**Dataset excerpts**
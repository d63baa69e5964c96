-- ===== src/Dogstream/Grouping.antt =====
-- checks/datadog.py, Dogstream._aggregate: each group holds the points of its key in the order in which
-- they came.
use mathlib.Core.Path.{subst}
use dd_agent.Prelude.{
  ◌≡◌, ◌∙◌, refl, ap, sym, List, [], ◌∷◌, Bool, true, false, not, ◌||◌, if◌then◌else◌, keep, All,
  All-map, Bool-cases, inl, inr,
}
use dd_agent.Prelude.Sort.{sort, insert, IsSorted, sort-IsSorted}
use dd_agent.Dogstream.Order.{IsOrder}
use dd_agent.Dogstream.Groups.{same, add_to_groups, group_by, groups_of}

module _ {K V : Type 0} (lt : K → K → Bool) (key : V → K) (order : IsOrder lt) where
  -- The group of a key, or nothing.
  abbrev pub group_at : K → List (K × List V) → List V
  group_at k [] = []
  group_at k ((j, g) ∷ gs) = if same lt key j k then g else group_at k gs

  -- The elements with a key, in their order.
  abbrev pub with_key : K → List V → List V
  with_key k vs = keep (λ v. same lt key (key v) k) vs

  -- The keys of groups increase.
  abbrev pub IsIncreasing : List (K × List V) → Type 0
  IsIncreasing [] = Unit
  IsIncreasing ((k, g) ∷ gs) = All (λ p. lt k p.0 ≡ true) gs × IsIncreasing gs

  abbrev by_key : V → V → Bool
  by_key v w = lt (key v) (key w)

  irreflexive : (k : K) → lt k k ≡ false
  irreflexive k = elim (Bool-cases (lt k k)) [ inl e ↦ order.asym k k e | inr n ↦ n ]

  same_refl : (k : K) → same lt key k k ≡ true
  same_refl k = rw (irreflexive k) refl

  both_false : (p q : Bool) → not (p || q) ≡ true → (p ≡ false) × (q ≡ false)
  both_false true q e = cc
  both_false false true e = cc
  both_false false false e = (refl, refl)

  -- Elements that are neither below nor above each other have one key.
  same_lem : (j k : K) → same lt key j k ≡ true → j ≡ k
  same_lem j k e = let (below, above) = both_false (lt j k) (lt k j) e in order.same j k below above

  apart : (j k l : K) → lt j k ≡ true → same lt key j l ≡ true → same lt key k l ≡ true → ⊥
  apart j k l below at_j at_k = clash (
      sym (subst (λ x. lt x k ≡ true) (same_lem j l at_j ∙ sym (same_lem k l at_k)) below)
      ∙ irreflexive k)
    where
      clash : true ≡ false → ⊥
      clash e = cc

  insert-with_key :
      (v : V) (vs : List V) (k : K) → with_key k (insert by_key v vs) ≡ with_key k (v ∷ vs)
  unfolding insert
  insert-with_key v [] k = refl
  insert-with_key v (w ∷ ws) k = elim (Bool-cases (lt (key w) (key v))) [
    | inr stays ↦ rw stays refl
    | inl passes ↦ elim (Bool-cases (same lt key (key w) k)) [
      | inr other ↦ rw (passes, other) (insert-with_key v ws k)
      | inl at_w ↦ elim (Bool-cases (same lt key (key v) k)) [
        | inl at_v ↦ absurd (apart (key w) (key v) k passes at_w at_v)
        | inr other ↦
            rw (passes, at_w)
              (rw other (
                ap (◌∷◌ w) (
                  insert-with_key v ws k
                  ∙ ap (λ (b : Bool). if b then v ∷ with_key k ws else with_key k ws) other)))
      ]
    ]
  ]

  sort-with_key : (vs : List V) (k : K) → with_key k (sort by_key vs) ≡ with_key k vs
  unfolding sort
  sort-with_key [] k = refl
  sort-with_key (v ∷ vs) k =
      insert-with_key v (sort by_key vs) k
      ∙ ap (λ (ws : List V). if same lt key (key v) k then v ∷ ws else ws) (sort-with_key vs k)

  -- The first group of a list has the key of its first element.
  group_by-first :
      (w : V) (ws : List V)
      → (g : List V) × (gs : List (K × List V)) × (group_by lt key (w ∷ ws) ≡ (key w, g) ∷ gs)
  unfolding group_by
  group_by-first w ws = go (group_by lt key ws)
    where
      go :
          (gs : List (K × List V))
          → (g : List V) × (hs : List (K × List V)) × (add_to_groups lt key w gs ≡ (key w, g) ∷ hs)
      go [] = (w ∷ [], [], refl)
      go ((k, g) ∷ gs) = elim (Bool-cases (same lt key (key w) k)) [
        | inl e ↦ (w ∷ g, gs, rw e (ap (λ x. (x, w ∷ g) ∷ gs) (sym (same_lem (key w) k e))))
        | inr n ↦ (w ∷ [], (k, g) ∷ gs, rw n refl)
      ]

  none_with_key :
      (k : K) (vs : List V) → All (λ v. same lt key (key v) k ≡ false) vs → with_key k vs ≡ []
  none_with_key k [] h = refl
  none_with_key k (v ∷ vs) h = rw h.0 (none_with_key k vs h.1)

  true_false : {A : Type 0} → true ≡ false → A
  true_false e = cc

  -- Behind an element whose key is below that of a later one, its key does not come again.
  later_differs :
      (i j l k : K)
      → lt i j ≡ true
      → same lt key i k ≡ true
      → lt l j ≡ false
      → same lt key l k ≡ false
  later_differs i j l k below at_i h = elim (Bool-cases (same lt key l k)) [
    | inr other ↦ other
    | inl at_l ↦
        true_false
          (sym (subst (λ x. lt x j ≡ true) (same_lem i k at_i ∙ sym (same_lem l k at_l)) below) ∙ h)
  ]

  key_passed :
      (v w : V) (ws : List V) (k : K)
      → lt (key v) (key w) ≡ true
      → All (λ y. lt (key y) (key w) ≡ false) ws
      → same lt key (key v) k ≡ true
      → with_key k (w ∷ ws) ≡ []
  key_passed v w ws k below sorted at_v = none_with_key k (w ∷ ws) (
    later_differs (key v) (key w) (key w) k below at_v (irreflexive (key w)),
    All-map (λ y h. later_differs (key v) (key w) (key y) k below at_v h) ws sorted,
  )

  -- lt, unless the keys are the same or the other is below
  is_below : (j k : K) → same lt key j k ≡ false → lt k j ≡ false → lt j k ≡ true
  is_below j k differ above = elim (Bool-cases (lt j k)) [
    | inl e ↦ e
    | inr n ↦ true_false (sym (rw n (rw above refl)) ∙ differ)
  ]

  below_trans : (i j k : K) → lt i j ≡ true → lt j k ≡ true → lt i k ≡ true
  below_trans i j k p q = elim (Bool-cases (lt i k)) [
    | inl e ↦ e
    | inr n ↦ true_false (sym q ∙ order.trans k i j n (order.asym i j p))
  ]

  if_cons :
      (b : Bool) (v : V) (g r X : List V)
      → (if b then g else r) ≡ X
      → (if b then v ∷ g else r) ≡ (if b then v ∷ X else X)
  if_cons true v g r X e = ap (◌∷◌ v) e
  if_cons false v g r X e = e

  if_new :
      (b : Bool) (v : V) (r X : List V)
      → (b ≡ true → X ≡ [])
      → r ≡ X
      → (if b then v ∷ [] else r) ≡ (if b then v ∷ X else X)
  if_new true v r X h e = ap (◌∷◌ v) (sym (h refl))
  if_new false v r X h e = e

  group_by-with_key :
      (vs : List V) (k : K) → IsSorted by_key vs → group_at k (group_by lt key vs) ≡ with_key k vs
  unfolding group_by
  group_by-with_key [] k sorted = refl
  group_by-with_key (v ∷ []) k sorted = refl
  group_by-with_key (v ∷ w ∷ ws) k sorted =
      let (g, gs, e) = group_by-first w ws in
      let others = with_key k (w ∷ ws) in
      let rest : group_at k ((key w, g) ∷ gs) ≡ others =
        ap (group_at k) (sym e) ∙ group_by-with_key (w ∷ ws) k sorted.1 in
      ap (λ hs. group_at k (add_to_groups lt key v hs)) e
      ∙ elim (Bool-cases (same lt key (key v) (key w))) [
        | inl joins ↦
            ap
              (λ (b : Bool).
                group_at k (if b then (key w, v ∷ g) ∷ gs else (key v, v ∷ []) ∷ (key w, g) ∷ gs))
              joins
            ∙ if_cons (same lt key (key w) k) v g (group_at k gs) others rest
            ∙ ap (λ x. if same lt key x k then v ∷ others else others)
                (sym (same_lem (key v) (key w) joins))
        | inr differs ↦
            ap
              (λ (b : Bool).
                group_at k (if b then (key w, v ∷ g) ∷ gs else (key v, v ∷ []) ∷ (key w, g) ∷ gs))
              differs
            ∙ if_new (same lt key (key v) k) v (group_at k ((key w, g) ∷ gs)) others
                (key_passed v w ws k (is_below (key v) (key w) differs sorted.0.0) sorted.1.0) rest
      ]

  group_by-IsIncreasing : (vs : List V) → IsSorted by_key vs → IsIncreasing (group_by lt key vs)
  unfolding group_by
  group_by-IsIncreasing [] sorted = tt
  group_by-IsIncreasing (v ∷ []) sorted = (tt, tt)
  group_by-IsIncreasing (v ∷ w ∷ ws) sorted =
      let (g, gs, e) = group_by-first w ws in
      let rest : IsIncreasing ((key w, g) ∷ gs) =
        subst IsIncreasing e (group_by-IsIncreasing (w ∷ ws) sorted.1) in
      subst (λ hs. IsIncreasing (add_to_groups lt key v hs)) (sym e)
        (elim (Bool-cases (same lt key (key v) (key w))) [
          | inl joins ↦ rw joins rest
          | inr differs ↦
              let below = is_below (key v) (key w) differs sorted.0.0 in
              rw differs
                ((below, All-map (λ p h. below_trans (key v) (key w) p.0 below h) gs rest.0), rest)
        ])

  -- The groups of _aggregate have increasing keys, and the group of any key holds the points with
  -- this key, all of them, in the order in which they came: none for a key that no point has.
  pub groups_of-with_key :
      (vs : List V) (k : K)
      → (group_at k (groups_of lt key vs) ≡ with_key k vs) × IsIncreasing (groups_of lt key vs)
  unfolding groups_of
  groups_of-with_key vs k =
      let sorted =
        sort-IsSorted by_key (λ v w. order.asym (key v) (key w))
          (λ u v w. order.trans (key u) (key v) (key w)) vs in
      (
        group_by-with_key (sort by_key vs) k sorted ∙ sort-with_key vs k,
        group_by-IsIncreasing (sort by_key vs) sorted,
      )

**What to do**
Which lines above run from the one containing "if_new false v r X h e = e" to the one containing "group_by-with_key (v ∷ w"? Give them again exactly, both ends included.

**Solution to this problem**
  if_new false v r X h e = e

  group_by-with_key :
      (vs : List V) (k : K) → IsSorted by_key vs → group_at k (group_by lt key vs) ≡ with_key k vs
  unfolding group_by
  group_by-with_key [] k sorted = refl
  group_by-with_key (v ∷ []) k sorted = refl
  group_by-with_key (v ∷ w ∷ ws) k sorted =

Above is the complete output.